Fig 1.
Physiologic APN doses facilitate ACh-induced vasorelaxation in an endothelium-dependent and NO-mediated manner.
(A) Different physiologic APN levels (5, 10, 15μg/ml) significantly enhanced ACh-induced vasorelaxation in a concentration-dependent fashion. (B) APN-induced aortic vascular ring vasorelaxation is blocked after pre-treatment with L-NAME (NO synthesis inhibitor, 100 μmol/L). n = 5–7 mice/group. #,P<0.05; ##, P<0.01.
Fig 2.
Knockout of adiponectin receptor 1 (AdipoR1), but not receptor 2 (AdipoR2), abolishes APN-enhanced ACh-induced vasorelaxation.
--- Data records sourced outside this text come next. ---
-- ===== src/Session/Handshake.antt =====
-- src/session.rs: the commands that open and close a session.
use pipop_core.Base.{ℕ, ◌++◌, Bytes, Result, ok, err, length, take, ltb, if◌then◌else◌, text}
use pipop_core.Error.{PtpIpError, protocol_error}
use pipop_core.External.{BigEndian}
use pipop_core.Types.{SessionConfig, PtpOperationCode, operation_code}
use pipop_core.Utils.{u32_of}
use pipop_core.Net.{Net, pure, lift, ◌>>=◌, ◌>>◌}
use pipop_core.Commands.Request.{send_command}
use pipop_core.Commands.Response.{get_response}

-- The end of `send_open_session`.
unfoldable pub opened_id : Bytes → Result PtpIpError ℕ
opened_id payload =
    if ltb (length payload) 4
    then err (protocol_error (text "OpenSession 响应数据不足"))
    else ok (u32_of (take 4 payload))

module _ (be : BigEndian) where
  unfoldable pub send_open_session : ℕ → ℕ → SessionConfig → Net PtpIpError ℕ
  send_open_session transaction_id version config = do
    send_command be (operation_code PtpOperationCode.open_session) transaction_id
        (be.write_u16 version ++ be.write_u32 0x00000000) config
    response ← get_response be transaction_id config
    lift (opened_id response.payload)

  unfoldable pub send_close_session : ℕ → ℕ → SessionConfig → Net PtpIpError (Unit {0})
  send_close_session transaction_id session_id config = do
    send_command be (operation_code PtpOperationCode.close_session) transaction_id
        (be.write_u32 session_id) config
    response ← get_response be transaction_id config
    pure tt
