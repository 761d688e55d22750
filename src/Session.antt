-- ===== src/Session.antt =====
-- src/session.rs: `Session`, which opens and closes a session and keeps it alive.
pub mod Parsing
pub mod Handshake
pub mod Storages
pub mod Opening
pub mod Heartbeat
pub mod Dialing
use pipop_core.Base.{
  ℕ, zero, suc, ◌+◌, ◌-◌, ◌*◌, ◌/◌, Bool, true, false, ◌&&◌, List, [], ◌∷◌, ◌++◌, Bytes, Text,
  Result, ok, err, stuck, ltb, if◌then◌else◌,
}
use pipop_core.Error.{PtpIpError, protocol_error}
use pipop_core.External.{BigEndian, Random}
use pipop_core.Types.{
  PtpIpPacket, SessionConfig, DeviceInfo, StorageInfo, PtpOperationCode, operation_code,
}
use pipop_core.Net.{Wire, Net, generate_transaction_id}
use pipop_core.Net
use pipop_core.Session.Parsing.{parse_storage_ids}
use pipop_core.Session.Handshake.{send_open_session, send_close_session}
use pipop_core.Transport.Infos.{parse_device_info, parse_storage_info}
use pipop_core.Commands.Request.{send_command}
use pipop_core.Commands.Response.{get_response}

-- The stream is the `Wire`. `last_activity` is a time on its clock, in milliseconds.
pub record Session : Type 0 where
  pub config : SessionConfig
  pub session_id : ℕ
  pub last_activity : ℕ
  pub transaction_id : ℕ
  pub is_connected : Bool

-- A method on `&mut self`: it changes the session also where it fails.
abbrev pub Method : Type 0 → Type 0
Method A = Session → Wire → Result PtpIpError A × Session × Wire

abbrev pub resume : {A B : Type 0} → Result PtpIpError A → (A → Method B) → Method B
resume (ok a) f s w = f a s w
resume (err e) f s w = (err e, s, w)
resume stuck f s w = (stuck, s, w)

infixl 5 ◌>>=◌ ◌>>◌
abbrev pub ◌>>=◌ : {A B : Type 0} → Method A → (A → Method B) → Method B
◌>>=◌ m f s w = resume (m s w).0 f (m s w).1 (m s w).2

abbrev pub ◌>>◌ : {A B : Type 0} → Method A → Method B → Method B
m >> k = m >>= λ _. k

abbrev pub pure : {A : Type 0} → A → Method A
pure a s w = (ok a, s, w)

abbrev pub lift : {A : Type 0} → Result PtpIpError A → Method A
lift r s w = (r, s, w)

-- A call on the stream that reads the session's configuration.
abbrev pub on_stream : {A : Type 0} → (SessionConfig → Net PtpIpError A) → Method A
on_stream m s w = ((m s.config w).0, s, (m s.config w).1)

unfoldable pub update_activity : Method (Unit {0})
update_activity s w = (ok tt, record s { last_activity = w.clock }, w)

-- The condition of `check_heartbeat`.
unfoldable pub is_idle : Session → Wire → Bool
is_idle s w = s.is_connected && ltb (s.config.timeout / 2 * 1000) (w.clock - s.last_activity)

module _ (be : BigEndian) (rng : Random) where
  -- `connect`, from the open stream on.
  unfoldable pub connect : SessionConfig → Net PtpIpError Session
  connect config = Net.◌>>=◌ (generate_transaction_id rng) λ transaction_id.
      Net.◌>>=◌ (send_open_session be transaction_id config.version config) λ session_id.
        Net.◌>>=◌ Net.now λ time. Net.pure (record {
          config = config;
          session_id = session_id;
          last_activity = time;
          transaction_id = transaction_id;
          is_connected = true;
        })

  -- What the methods have in common: a transaction id is drawn, and the command goes out and is
  -- answered.
  unfoldable pub exchange : PtpOperationCode → Bytes → Method PtpIpPacket
  exchange operation params = do
    transaction_id ← on_stream (λ config. generate_transaction_id rng)
    on_stream (send_command be (operation_code operation) transaction_id params)
    on_stream (get_response be transaction_id)

  unfoldable pub send_heartbeat : Method (Unit {0})
  send_heartbeat = do response ← exchange PtpOperationCode.get_device_info []; update_activity

  unfoldable pub check_heartbeat : Method (Unit {0})
  check_heartbeat s w = if is_idle s w then send_heartbeat s w else (ok tt, s, w)

  unfoldable pub get_device_info : Method DeviceInfo
  get_device_info = do
    check_heartbeat
    response ← exchange PtpOperationCode.get_device_info []
    device_info ← lift (parse_device_info response.payload)
    update_activity
    pure device_info

  unfoldable pub get_storage_ids : Method (List ℕ)
  get_storage_ids = do
    check_heartbeat
    response ← exchange PtpOperationCode.get_storage_ids []
    lift (parse_storage_ids response.payload)

  unfoldable pub get_storage_info : ℕ → Method StorageInfo
  get_storage_info storage_id = do
    check_heartbeat
    response ← exchange PtpOperationCode.get_storage_info (be.write_u32 storage_id)
    storage_info ← lift (parse_storage_info be response.payload)
    update_activity
    pure storage_info

  -- `Drop`: what became of the closing command is ignored.
  unfoldable pub drop : Session → Wire → Session × Wire
  drop s w =
      if s.is_connected
      then (
        record s { is_connected = false },
        (send_close_session be (rng.draw w.drawn) s.session_id s.config
            (record w { drawn = w.drawn + 1 })).1,
      )
      else (s, w)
(A) Enhanced vasorelaxation to ACh by APN (5μg/ml) was significantly decreased in AdipoR1-KO mouse aorta. (B) Enhanced vasorelaxation to ACh by APN (5μg/ml) was not affected in AdipoR2-KO mouse aorta. n = 5–7 mice/group. #, P<0.05; ##, P<0.01.
Fig 3.
Physiologic APN levels induced eNOS phosphorylation in an AdipoR1-dependent fashion.
HUVECs were incubated with different doses of APN (5, 10, and 15μg/ml) (A) and eNOS phosphorylation (Ser1177) was determined at different time periods (0, 15, 30, and 60 min) (B). (C) Western blot analysis confirmed successful knockdown of AdipoR1 and AdipoR2 by siRNA. (D) AdipoR1, but not AdipoR2, knockdown significantly attenuated APN-induced eNOS phosphorylation. n = 6–8 dishes/group. #, P<0.05; ##, P<0.01 vs respective control. R1, R2 represent AdipoR1 and AdipoR2, respectively.
Fig 4.
Cav-1 is required for AdipoR1-dependent APN-enhanced vasorelaxation.
(A) Immunoblot demonstrating interaction of Cav1 with AdipoR1 in the presence or absence of APN (5μg/ml). (B) Western blot analysis confirmed successful knockdown of Cav-1 by siRNA. n = 6–8 dishes/group. (C) Knockdown of Cav-1 significantly attenuated APN-induced eNOS phosphorylation. (D) Cav-1 KO mouse aorta exhibited significantly decreased APN enhancement to ACh-induced vasorelaxation. Ir, irrelevant antibody. n = 5–7 mice/group. #, P<0.05; ##, P<0.01 vs respective control.
Fig 5.
Physiologic APN concentrations increased NO production in an AdipoR1 and Cav-1 dependent manner.
NO production in HUVEC medium was determined after incubation with vehicle or APN (5μg/ml) for 15 minutes. Knockdown of AdipoR1 (but not AdipoR2), knockdown of Cav-1, and treatment with L-NAME (100 μmol/L) abolished APN-induced NO production enhancement. n = 6–8 dishes/group. ##, P<0.01 vs respective control. R1, R2 represent AdipoR1 and AdipoR2, respectively.
Fig 6.
Schematic of the mechanisms underlying APN-induced vasodilation.